Definitely not a 17-40L body, closer in style to the 8-15L but not the same. As for Canon never putting a red ring on the hood.


----------



## NWPhil (Sep 16, 2014)

*Re: EF11-24mm F4L listed on a Japanese site*



YuengLinger said:


> TLN said:
> 
> 
> > Looks like fake. Front element from 14-24 Nikkor and the rest from 17-40.
> ...



Indeed, a very good point
F4 is ...very pausible, but that front element looks like the one from the Ts-e 17mm
Yeah, the body shell looks sort of outdated, if one compares it with recent WA zoom releases


----------



## LetTheRightLensIn (Sep 16, 2014)

*Re: EF11-24mm F4L listed on a Japanese site*



TLN said:


> Looks like fake. Front element from 14-24 Nikkor and the rest from 17-40.
> Canon will never put a red ring on a hood, it will be on a body, even with integrated hood.

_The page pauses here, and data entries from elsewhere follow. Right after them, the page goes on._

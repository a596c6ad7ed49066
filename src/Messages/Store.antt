-- ===== src/Messages/Store.antt =====
-- The interface of src/db/stores/mod.rs for the links of messages, and what the bridge relies on.
use matrix_bridge_discord.Prelude.{
  String, Option, none, some, ◌≡◌, Result, ok, err, ◌==◌, if◌then◌else◌,
}
use matrix_bridge_discord.BridgeLogic.{MessageMapping}

pub record MessageStore (S : Type 0) : Type 0 where
  pub get_by_discord_message_id : S → String → Result String (Option MessageMapping)
  pub get_by_matrix_event_id : S → String → Result String (Option MessageMapping)
  pub upsert_message_mapping : S → MessageMapping → Result String (Unit {0}) × S
  pub delete_by_discord_message_id : S → String → Result String (Unit {0}) × S

-- A message on Discord has one link at most: a successful query gives it, an upsert sets it, though
-- with a number and a time of the table's own, a deletion takes it away; what fails
-- changes no link.
pub record LinkLaws {S : Type 0} (store : MessageStore S)
    (link : S → String → Option (String × String)) : Type 0 where
  pub by_discord :
      (s : S) (id : String) (o : Option MessageMapping)
      → store.get_by_discord_message_id s id ≡ ok o
      → elim o [ none ↦ none | some m ↦ some (m.matrix_room_id, m.matrix_event_id) ] ≡ link s id
  pub upserted :
      (s : S) (m : MessageMapping)
      → (store.upsert_message_mapping s m).0 ≡ ok tt
      → (id : String)
      → link (store.upsert_message_mapping s m).1 id ≡ (
          if m.discord_message_id == id
          then some (m.matrix_room_id, m.matrix_event_id)
          else link s id)
  pub not_upserted :
      (s : S) (m : MessageMapping) (e : String)
      → (store.upsert_message_mapping s m).0 ≡ err e
      → (id : String) → link (store.upsert_message_mapping s m).1 id ≡ link s id
  pub deleted :
      (s : S) (gone : String)
      → (store.delete_by_discord_message_id s gone).0 ≡ ok tt
      → (id : String)
      → link (store.delete_by_discord_message_id s gone).1 id
        ≡ (if gone == id then none else link s id)
  pub not_deleted :
      (s : S) (gone e : String)
      → (store.delete_by_discord_message_id s gone).0 ≡ err e
      → (id : String) → link (store.delete_by_discord_message_id s gone).1 id ≡ link s id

Why not? The hood is integrated and where else would they put the ring?

Plus the inside of the hood and the front element look totally different than the 14-24 2.8 Nikkor.


----------



## davidcl0nel (Sep 16, 2014)

*Re: EF11-24mm F4L listed on a Japanese site*

The hood is so big, a red ring at the end of the lens wouldn't be very visible.


----------



## TexPhoto (Sep 16, 2014)

*Re: EF11-24mm F4L listed on a Japanese site*

That's not the hood! That's the body of lens. Yes with some parts stick out and make a hood. That would not be removable. And my 300mm f4 has the ring on the sliding but non-removable hood.


----------



## mackguyver (Sep 16, 2014)

*Re: EF11-24mm F4L listed on a Japanese site*



YuengLinger said:


> Fake. F/4 makes no sense.
> 
> The image is good PS, but still looks like PS.


+1, something about the lighting on the hood doesn't match the body of the lens & front element.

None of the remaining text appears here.